Quando perguntava isso a colegas ouvia como resposta que os compositores ingleses eram em geral desinteressantes… que com exceção de Henry Purcell e Elgar, não havia muito mais o que ouvir.

Eu nunca consegui acreditar nessas respostas, e assim, saí à luta. E descobri muitos compositores britânicos pra lá de interessantes. E um pouco da música desses compositores muito pouco conhecidos eu vou compartilhar com vocês hoje.

Malcolm Arnold

O primeiro deles é Malcolm Arnold, que nasceu em Northampton em 1921 e faleceu em 2006.  Arnold foi trompetista, ocupando uma das cadeiras da Orquestra Filarmônica de Londres. Em 1948, com 27 anos de idade, ele deixou a orquestra para dedicar-se exclusivamente à composição.

A maior parte de sua obra foi escrita para orquestra, destacando-se 9 sinfonias, compostas entre 1951 e 1982. Além disso escreveu muita música para cinema.

Seu estilo mostra influências de Sibelius e Berlioz.
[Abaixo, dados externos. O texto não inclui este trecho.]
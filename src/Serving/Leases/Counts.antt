-- ===== src/Serving/Leases/Counts.antt =====
-- What the state of a lease says of the threads that work on it, and how the actions keep it.
use weather.Common.{ℕ, suc, ◌+◌, ◌≤◌, ◌≡◌, refl, Bool, true, false, ◌⊎◌, inl, inr, arith}
use weather.Serving.Leases.{LeaseState, initializing, active, failed, closed, is_open}

-- How many threads work on one lease, by what they do.
pub record Threads : Type 0 where
  pub creators : ℕ
  pub cleaners : ℕ
  pub leavers : ℕ
  pub joiners : ℕ
  pub readers : ℕ
  pub closers : ℕ

abbrev pub holders : Threads → ℕ
holders k = k.creators + k.cleaners + k.leavers + k.joiners + k.readers

-- A lease that is initializing has its one creator; an active one holds the gate and has threads;
-- a failed one holds the gate only until its creator has cleaned up; a closed one has no holders,
-- and holds the gate only until the last thread has released it.
abbrev pub Agrees : LeaseState → Bool → Threads → Type 0
Agrees initializing gate k =
    (k.creators ≡ 1) × (k.cleaners + k.leavers ≡ 0) × (k.readers ≡ 0) × (k.closers ≡ 0)
Agrees active gate k =
    (gate ≡ true)
    × (k.creators ≡ 0)
    × (k.cleaners + k.leavers ≡ 0)
    × (k.closers ≡ 0)
    × (1 ≤ holders k)
Agrees failed gate k =
    (k.creators ≡ 0) × (k.readers ≡ 0) × (k.closers ≡ 0) × ((gate ≡ false) ⊎ (1 ≤ k.cleaners))
Agrees closed gate k = (holders k ≡ 0) × ((gate ≡ false) ⊎ (1 ≤ k.closers))

pub creates :
    (s : LeaseState) (gate : Bool) (k : Threads)
    → Agrees s gate (record k { creators = suc k.creators })
    → Agrees active true (record k { readers = suc k.readers })
creates initializing gate k h = ground arith
creates active gate k h = ground arith
creates failed gate k h = ground arith
creates closed gate k h = ground arith

pub create_fails :
    (s : LeaseState) (gate got_gate : Bool) (k : Threads)
    → Agrees s gate (record k { creators = suc k.creators })
    → Agrees failed got_gate (record k { cleaners = suc k.cleaners })
create_fails initializing gate g k h = (omega arith, omega arith, omega arith, inr (omega arith))
create_fails active gate g k h = ground arith
create_fails failed gate g k h = ground arith
create_fails closed gate g k h = ground arith

-- The creator of a failed lease releases its session, and then leaves.
pub cleans :
    (s : LeaseState) (gate : Bool) (k : Threads)
    → Agrees s gate (record k { cleaners = suc k.cleaners })
    → Agrees s false (record k { leavers = suc k.leavers })
cleans initializing gate k h = ground arith
cleans active gate k h = ground arith
cleans failed gate k h = (omega arith, omega arith, omega arith, inl refl)
cleans closed gate k h = ground arith

pub leaves :
    (s : LeaseState) (gate : Bool) (k : Threads)
    → Agrees s gate (record k { leavers = suc k.leavers })
    → Agrees s gate k
leaves initializing gate k h = ground arith
leaves active gate k h = ground arith
leaves failed gate k h = h
leaves closed gate k h = ground arith

pub last_reader :
    (s : LeaseState) (gate : Bool) (k : Threads)
    → holders k ≡ 0
    → Agrees s gate (record k { readers = suc k.readers })
    → Agrees closed gate (record k { closers = suc k.closers })
last_reader s gate k none_left h = (omega arith, inr (omega arith))

pub reader_leaves :
    (s : LeaseState) (gate : Bool) (k : Threads)
    → 1 ≤ holders k
    → Agrees s gate (record k { readers = suc k.readers })
    → Agrees s gate k
reader_leaves initializing gate k some_left h = ground arith
reader_leaves active gate k some_left h = ground arith
reader_leaves failed gate k some_left h = ground arith
reader_leaves closed gate k some_left h = ground arith

pub closer_releases :
    (s : LeaseState) (gate : Bool) (k : Threads)
    → Agrees s gate (record k { closers = suc k.closers })
    → Agrees s false k
closer_releases initializing gate k h = ground arith
closer_releases active gate k h = ground arith
closer_releases failed gate k h = ground arith
closer_releases closed gate k h = (h.0, inl refl)

pub joins :
    (s : LeaseState) (gate : Bool) (k : Threads)
    → is_open s ≡ true
    → Agrees s gate k
    → Agrees s gate (record k { joiners = suc k.joiners })
joins initializing gate k o h = h
joins active gate k o h = ground arith
joins failed gate k o h = cc
joins closed gate k o h = cc

pub gives_up :
    (s : LeaseState) (gate : Bool) (k : Threads)
    → s ≡ initializing
    → Agrees s gate (record k { joiners = suc k.joiners })
    → Agrees s gate k
gives_up initializing gate k e h = h
gives_up active gate k e h = cc
gives_up failed gate k e h = cc
gives_up closed gate k e h = cc

-- A joiner that finds its lease past its initialization and not failed finds it active.
pub starts_reading :
    (s : LeaseState) (gate : Bool) (k : Threads)
    → (s ≡ active) ⊎ (s ≡ closed)
    → Agrees s gate (record k { joiners = suc k.joiners })
    → Agrees s gate (record k { readers = suc k.readers })
starts_reading initializing gate k e h = elim e [ inl a ↦ cc | inr c ↦ cc ]
starts_reading active gate k e h = ground arith
starts_reading failed gate k e h = elim e [ inl a ↦ cc | inr c ↦ cc ]
starts_reading closed gate k e h = ground arith

pub sees_failure :
    (s : LeaseState) (gate : Bool) (k : Threads)
    → s ≡ failed
    → Agrees s gate (record k { joiners = suc k.joiners })
    → Agrees s gate k
sees_failure initializing gate k e h = cc
sees_failure active gate k e h = cc
sees_failure failed gate k e h = h
sees_failure closed gate k e h = cc

pub closed_idle :
    (s : LeaseState) (gate : Bool) (k : Threads) → s ≡ closed → Agrees s gate k → holders k ≡ 0
closed_idle initializing gate k e h = cc
closed_idle active gate k e h = cc
closed_idle failed gate k e h = cc
closed_idle closed gate k e h = h.0

pub readers_active :
    (s : LeaseState) (gate : Bool) (k : Threads)
    → 1 ≤ k.readers
    → Agrees s gate k
    → (s ≡ active) × (gate ≡ true)
readers_active initializing gate k r h = ground arith
readers_active active gate k r h = (refl, h.0)
readers_active failed gate k r h = ground arith
readers_active closed gate k r h = ground arith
Esse comentário pode soar um pouco estranho para que conhece bem a obra desses dois compositores. Mas isso fica fácil de entender quando ouvimos um comentário muito frequente sobre sua obra, que diz: “existem dois Malcolm Arnolds: um leve e um pesado”

Claro que esse é um comentário simplista, mas que tem uma base na verdade. Acontece que Arnold era capaz de escrever música da maior densidade dramática, bem como expressar muito humor e sarcasmo.
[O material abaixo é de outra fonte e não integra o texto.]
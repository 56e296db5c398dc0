-- ===== src/Serving/Leases/Tally.antt =====
-- How many threads do what on a lease.
use weather.Common.{ℕ, suc, ◌≡◌, refl, ap, ◌∙◌, Bool, true, false, List, [], ◌∷◌, ◌++◌, ◌==◌, All}
use weather.Common.Dict.{text_key}
use weather.Serving.Leases.{
  Phase, outside, creating, failing, releasing_failed, leaving_failed, joining, reading, closing,
  releasing,
}
use weather.Serving.Leases.Counts.{Threads}

abbrev pub is_creating : ℕ → Phase → Bool
is_creating j p = elim p [ creating i ↦ j == i | _ ↦ false ]

abbrev pub is_cleaning : ℕ → Phase → Bool
is_cleaning j p = elim p [ failing i ↦ j == i | releasing_failed i ↦ j == i | _ ↦ false ]

abbrev pub is_leaving : ℕ → Phase → Bool
is_leaving j p = elim p [ leaving_failed i ↦ j == i | _ ↦ false ]

abbrev pub is_joining : ℕ → Phase → Bool
is_joining j p = elim p [ joining i ↦ j == i | _ ↦ false ]

abbrev pub is_reading : ℕ → Phase → Bool
is_reading j p = elim p [ reading i ↦ j == i | _ ↦ false ]

abbrev pub is_closing : ℕ → Phase → Bool
is_closing j p = elim p [ closing i ↦ j == i | releasing i ↦ j == i | _ ↦ false ]

abbrev pub bump : Bool → ℕ → ℕ
bump true n = suc n
bump false n = n

abbrev pub tally : (Phase → Bool) → List Phase → ℕ
tally f [] = 0
tally f (p ∷ ps) = bump (f p) (tally f ps)

bump-bump : (a b : Bool) (n : ℕ) → bump a (bump b n) ≡ bump b (bump a n)
bump-bump true true n = refl
bump-bump true false n = refl
bump-bump false b n = refl

pub tally-middle :
    (f : Phase → Bool) (xs ys : List Phase) (p : Phase)
    → tally f (xs ++ p ∷ ys) ≡ bump (f p) (tally f (xs ++ ys))
tally-middle f [] ys p = refl
tally-middle f (x ∷ xs) ys p =
    rw (tally-middle f xs ys p) (bump-bump (f x) (f p) (tally f (xs ++ ys)))

-- The threads that work on a lease.
abbrev pub at_lease : ℕ → List Phase → Threads
at_lease j ps = record {
  creators = tally (is_creating j) ps;
  cleaners = tally (is_cleaning j) ps;
  leavers = tally (is_leaving j) ps;
  joiners = tally (is_joining j) ps;
  readers = tally (is_reading j) ps;
  closers = tally (is_closing j) ps;
}

abbrev pub with_phase : ℕ → Phase → Threads → Threads
with_phase j p k = record {
  creators = bump (is_creating j p) k.creators;
  cleaners = bump (is_cleaning j p) k.cleaners;
  leavers = bump (is_leaving j p) k.leavers;
  joiners = bump (is_joining j p) k.joiners;
  readers = bump (is_reading j p) k.readers;
  closers = bump (is_closing j p) k.closers;
}

pub at_lease-middle :
    (j : ℕ) (xs ys : List Phase) (p : Phase)
    → at_lease j (xs ++ p ∷ ys) ≡ with_phase j p (at_lease j (xs ++ ys))
at_lease-middle j xs ys p =
    rw
      (
        tally-middle (is_creating j) xs ys p,
        tally-middle (is_cleaning j) xs ys p,
        tally-middle (is_leaving j) xs ys p,
        tally-middle (is_joining j) xs ys p,
        tally-middle (is_reading j) xs ys p,
        tally-middle (is_closing j) xs ys p,
      )
      refl

abbrev pub no_threads : Threads
no_threads = record {
  creators = 0;
  cleaners = 0;
  leavers = 0;
  joiners = 0;
  readers = 0;
  closers = 0;
}

pub at_lease_idle :
    (j : ℕ) (ps : List Phase) → All (λ p. p ≡ outside) ps → at_lease j ps ≡ no_threads
at_lease_idle j [] h = refl
at_lease_idle j (p ∷ ps) h = ap (λ q. with_phase j q (at_lease j ps)) h.0 ∙ at_lease_idle j ps h.1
Aliás, aqui e ali Arnold se permitia a liberdade de tocar os universos da música pop, do jazz e da música hollywoodiana, coisa que faz dele um compositor cada vez mais atual.

Vamos conferir esses aspectos de sua obra na interessantíssima Serenata para Pequena Orquestra, opus 26. Ela foi escrita em 1950, quando o autor tinha 29 anos. Tem 3 movimentos: Allegretto, Andante com moto e Allegro Vivace.

Malcolm Arnold : Serenade for small orchestra Op. 26 (1950).

Arnold Bax

Aliás, muitos desses compositores foram praticamente ignorados fora da Inglaterra durante suas vidas por serem considerados muito conservadores, distantes das experiências ousadas de artistas como John Cage ou Stockhausen. Mas esse julgamento talvez tenha sido severo demais, e sob esse aparente conservadorismo existe um pensamento musical muito rico e digno de ser ouvido.

Continuemos então com Arnold Bax, que viveu entre 1883 e 1953, ou seja, pertenceu a uma geração anterior à de Malcolm Arnold. Como este, Bax revela também a influência de Sibelius. A maior parte de sua música é muito densa, em harmonia e contraponto.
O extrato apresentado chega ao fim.